I suspect this bug is going to be the top priority w.r.t to GCP migration until it is fixed.

Flags: needinfo?(mgoossens)

Michelle Goossens [:masterwayz]

Comment 152

•

2 years ago

Both AWS and GCP instances appear to have 8GB of memory from what I can see
n2-standard-2 vs m5.large

Flags: needinfo?(mgoossens)

Andrew Halberstadt [:ahal]

Comment 153

•

2 years ago

I wonder if something in the image is causing us to use more memory than the AWS pools.. Can we increase memory for GCP regardless to see if it works in the short term?

Maybe longer term we can look into improving the image.

Joel Maher ( :jmaher ) (UTC -8)

Comment 154

•

2 years ago

given that this is the #1 intermittent, we should prioritize investigating this. here is a case where the failure happens in <4 minutes, typically it is 10+ minutes.

Do we know for a fact this is memory? I imagine it is based on the error code, but how can we tell (is here a console for gcp instances)? Is the memory managed on GCP the same as AWS? I assume trying larger instances or something with more memory could reduce this problem.

Andrew Halberstadt [:ahal]

Comment 155

•

2 years ago

No it's not a guarantee that it's OOM. From the Exit code 137 heading of this article, when a docker container exits with this error it means it got a SIGKILL. Though from that article and from others, if the SIGKILL was not initiated manually, it usually comes from the Docker daemon itself killing it due to OOM.

Joel Maher ( :jmaher ) (UTC -8)

Comment 156

•

2 years ago

on this try push:
https://treeherder.mozilla.org/jobs?repo=try&revision=0817494e1d36f4f75806ef28cfe261bd704811bd

there are:
1747 total test jobs
99 failed jobs
21 Exit code 137 failures

1.2% of the test jobs result in Exit code 137.

How can we test on a different instance type?

Flags: needinfo?(ahal)

Andrew Halberstadt [:ahal]

Comment 157

•

2 years ago

•

Edited

The fastest way would be to change the {alias} in this line to a hardcoded t-linux-xlarge-gcp.
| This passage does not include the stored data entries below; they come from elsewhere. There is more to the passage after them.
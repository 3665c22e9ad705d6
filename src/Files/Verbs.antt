-- ===== src/Files/Verbs.antt =====
-- The statements on files: cob_open, cob_close, cob_start, cob_read, cob_write, cob_rewrite and
-- cob_delete of libcob/fileio.c, over the functions of the file's organization. Nothing is synced to
-- disk (`cob_do_sync` is 0). `none` stands for undefined behaviour.
use blitzy_open_cobol.Base.{
  ℕ, ◌-◌, ◌^◌, ◌==◌, Bool, true, false, not, ◌&&◌, ◌||◌, Option, none, some, List, ltb,
  if◌then◌else◌,
}
use blitzy_open_cobol.Base.Int.{ℤ, pos, pos_part, neg_part, is_negative}
use blitzy_open_cobol.Files.{
  CobFile, FileioFuncs, KeyField, Outcome, saved, open_closed, open_input, open_output, open_i_o,
  open_extend, open_locked, access_sequential, access_random, close_lock, org_sequential,
}
use blitzy_open_cobol.Files.Plain.{Host}
use blitzy_open_cobol.Files.Names.{map_file_name}

-- The name of a file as ASSIGN gives it, after the file name mapping.
abbrev pub file_open_name : Host → List ℕ → List ℕ
file_open_name host name =
    map_file_name host.getenv host.flag_filename_mapping host.cob_file_path name

-- A check that ends the statement with a status, or else what follows it.
abbrev refuse : CobFile → ℕ → Option CobFile
refuse f status = saved (some (f, status))

-- The values of errno that cob_open tells apart, as on Linux.
abbrev pub enoent : ℕ
enoent = 2

abbrev pub eagain : ℕ
eagain = 11

abbrev pub eacces : ℕ
eacces = 13

abbrev pub eisdir : ℕ
eisdir = 21

abbrev pub erofs : ℕ
erofs = 30

-- The flags of an OPTIONAL file that is not there.
abbrev nonexistent : CobFile → ℕ → CobFile
nonexistent f mode = record f {
  open_mode = mode;
  flag_nonexistent = true;
  flag_end_of_file = true;
  flag_begin_of_file = true;
}

-- The switch over what the open function of the table returns.
unfoldable pub opened : ℕ → Bool → Outcome → Outcome
opened mode was_not_exist none = none
opened mode was_not_exist (some (f, ret)) =
    if ret == 0
    then some (record f { open_mode = mode }, if f.flag_optional && was_not_exist then 5 else 0)
    else if ret == enoent
    then (if mode == open_extend || mode == open_output
        then some (f, 30)
        else if f.flag_optional
        then some (nonexistent f mode, 5)
        else some (f, 35))
    else if ret == eacces || ret == eisdir || ret == erofs
    then some (f, 37)
    else if ret == eagain || ret == 61
    then some (f, 61)
    else if ret == 91
    then some (f, 91)
    else some (f, 30)

-- A special file is the terminal's input or output.
unfoldable pub open_special : Host → CobFile → ℕ → CobFile × ℕ
open_special host f mode =
    if f.special == 1
    then (if mode == open_input
        then (record f { stream = some host.stdin; open_mode = mode }, 0)
        else (f, 30))
    else if mode == open_output
    then (record f { stream = some host.stdout; open_mode = mode }, 0)
    else (f, 30)

-- The flags that OPEN resets.
unfoldable pub open_flags : CobFile → ℕ → CobFile
open_flags f mode = record f {
  flag_read_done = false;
  last_open_mode = mode;
  flag_nonexistent = false;
  flag_end_of_file = false;
  flag_begin_of_file = false;
  flag_first_read = 2;
}

-- The end of `cob_close`: a status of 0 changes the open mode.
unfoldable pub closed : ℕ → Outcome → Option CobFile
closed opt none = none
closed opt (some (f, ret)) =
    if ret == 0
    then refuse (record f { open_mode = if opt == close_lock then open_locked else open_closed }) 0
    else refuse f ret

unfoldable pub started : Outcome → Option CobFile
started none = none
started (some (f, ret)) =
    if ret == 0
    then refuse
        (record f { flag_end_of_file = false; flag_begin_of_file = false; flag_first_read = 1 }) 0
    else refuse f ret

-- cob_set_int of the record's size on the RECORD VARYING field.
abbrev pub sized : KeyField → CobFile → Option ℤ → CobFile
sized sizes f none = f
sized sizes f (some _) =
    if f.organization == 1 then f else record f { record_size = some (sizes.set_int (pos f.size)) }

-- The switch over what the read function returned.
unfoldable pub read_done : KeyField → Bool → Outcome → Option CobFile
read_done sizes previous none = none
read_done sizes previous (some (f, ret)) =
    let good = record f {
      flag_first_read = 0;
      flag_read_done = true;
      flag_end_of_file = false;
      flag_begin_of_file = false;
    } in
    if ret == 0
    then refuse (sized sizes good f.record_size) 0
    else if ret == 10
    then refuse
        (if previous
          then record f { flag_begin_of_file = true }
          else record f { flag_end_of_file = true })
        10
    else refuse f ret

-- The size of the record to write: of the RECORD VARYING field, or of the record itself. A
-- negative int becomes a huge size_t.
abbrev pub as_size : ℤ → ℕ
as_size n = if is_negative n then 2 ^ 64 - neg_part n else pos_part n

abbrev pub write_size : Option ℤ → ℕ → ℕ
write_size none rec_size = rec_size
write_size (some n) rec_size = as_size n

-- Whether a WRITE is allowed in the open mode.
abbrev pub output_denied : CobFile → Bool
output_denied f =
    if f.access_mode == access_sequential
    then f.open_mode == open_closed || (f.open_mode == open_input || f.open_mode == open_i_o)
    else f.open_mode == open_closed || (f.open_mode == open_input || f.open_mode == open_extend)

-- The check of the sizes that REWRITE makes for a SEQUENTIAL file.
abbrev pub same_size : CobFile → ℕ → Bool
same_size f rec_size =
    f.size == rec_size && elim f.record_size [ none ↦ true | some n ↦ f.size == as_size n ]

module _ (funcs : FileioFuncs) where
  -- `cob_open` with the name that the file name mapping found.
  unfoldable pub open_named : Host → CobFile → List ℕ → ℕ → ℕ → Option CobFile
  open_named host f name mode sharing =
      let g = open_flags f mode in
      let h = record f { flag_read_done = false } in
      if f.open_mode == open_locked
      then refuse h 38
      else if not (f.open_mode == open_closed)
      then refuse h 41
      else if not (f.special == 0)
      then saved (some (open_special host g mode))
      else if host.missing name && (not (mode == open_output) && not f.flag_optional)
      then refuse g 35
      else saved (opened mode (host.missing name) (funcs.open_file g name mode sharing))

  unfoldable pub cob_open : Host → CobFile → List ℕ → ℕ → ℕ → Option CobFile
  cob_open host f name mode sharing = open_named host f (file_open_name host name) mode sharing

  unfoldable pub cob_close : CobFile → ℕ → Option CobFile
  cob_close f opt =
      let g = record f { flag_read_done = false } in
      if not (f.special == 0)
      then refuse (record g { open_mode = open_closed }) 0
      else if f.open_mode == open_closed
      then refuse g 42
      else if f.flag_nonexistent
      then closed opt (some (g, 0))
      else closed opt (funcs.close g opt)

  unfoldable pub cob_start : CobFile → ℕ → Option CobFile
  cob_start f cond =
      let g = record f { flag_read_done = false; flag_first_read = 0 } in
      if f.flag_nonexistent
      then refuse g 23
      else if f.open_mode == open_closed
          || (f.open_mode == open_output
              || (f.open_mode == open_extend || f.access_mode == access_random))
      then refuse g 47
      else started (funcs.start g cond)

  -- `keyed` is whether a key is given, `previous` the bit COB_READ_PREVIOUS of the options.
  unfoldable pub cob_read : KeyField → CobFile → Bool → Bool → Option CobFile
  cob_read sizes f keyed previous =
      let g = record f { flag_read_done = false } in
      if f.flag_nonexistent
      then (if f.flag_first_read == 0
          then refuse g 23
          else refuse (record g { flag_first_read = 0 }) 10)
      else if not keyed && (f.flag_end_of_file && not previous || f.flag_begin_of_file && previous)
      then refuse g 46
      else if f.open_mode == open_closed
          || (f.open_mode == open_output || f.open_mode == open_extend)
      then refuse g 47
      else read_done sizes previous (if keyed then funcs.read g else funcs.read_next g)

  unfoldable pub cob_write : CobFile → ℕ → ℕ → Option CobFile
  cob_write f rec_size opt =
      let g = record f { flag_read_done = false } in
      let n = write_size f.record_size rec_size in
      let h = record g { size = n } in
      if output_denied f
      then refuse g 48
      else if ltb n f.record_min || ltb f.record_max n
      then refuse h 44
      else saved (funcs.write h opt)

  unfoldable pub cob_rewrite : CobFile → ℕ → ℕ → Option CobFile
  cob_rewrite f rec_size opt =
      let g = record f { flag_read_done = false } in
      if not (f.open_mode == open_i_o)
      then refuse g 49
      else if f.access_mode == access_sequential && not f.flag_read_done
      then refuse g 43
      else if f.organization == org_sequential && not (same_size f rec_size)
      then refuse g 44
      else saved (funcs.rewrite g opt)

  unfoldable pub cob_delete : CobFile → Option CobFile
  cob_delete f =
      let g = record f { flag_read_done = false } in
      if not (f.open_mode == open_i_o)
      then refuse g 49
      else if f.access_mode == access_sequential && not f.flag_read_done
      then refuse g 43
      else saved (funcs.fdelete g)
This will make all the things configured for the large workertype use the xlarge one instead. Then do try push as normal.

The t-linux-xlarge workertype has 16GB of RAM instead of 8.

To solve this outside of a try push, we can either switch the instance type from n2-standard-2 to n2-highmem-2 (also has 16GB of RAM), or we can create a custom instance with e.g 12GB of RAM if that's all we need. These changes will need to happen in ci-configuration.

Flags: needinfo?(ahal)

Michelle Goossens [:masterwayz]

Comment 158

•

2 years ago

Since this is getting out of hand with failures, am prioritizing this as number one spot on my plate.
Try push is baking to see if more RAM fixes this.

Assignee: nobody → mgoossens

Status: REOPENED → ASSIGNED

Priority: P3 → P2

Michelle Goossens [:masterwayz]

Comment 159

•

2 years ago

Try push: https://treeherder.mozilla.org/jobs?repo=try&revision=5a0ff2119a63053e18bb1b08616daca2c712e264
ahal, jmaher; does that push look any better with the exit code 137?
It runs mochitest-browser-chrome on xlarge, -plain not for some reason, but it should be a start!

Flags: needinfo?(jmaher)

Flags: needinfo?(ahal)

Joel Maher ( :jmaher ) (UTC -8)

Comment 160

•

2 years ago

•

Edited

I did a push as well with mochitest-plain (not yet landed) using xlarge and it reduced the failure rate, but out of ~1800 tasks I had 6 137 errors. 1 of them in 34 seconds (still setting up the py venv stuff):
https://firefoxci.taskcluster-artifacts.net/W43QEQmIQxqErW_4BmL5OQ/0/public/logs/live_backing.log

this hints strongly that something else is going on, OOM isn't our single problem, either we need to look elsewhere, or we have multiple problems.

It is promising that we have had a reduction of 137 errors with the xlarge instances, in fact, almost a 50% reduction in other intermittents on the try push as well.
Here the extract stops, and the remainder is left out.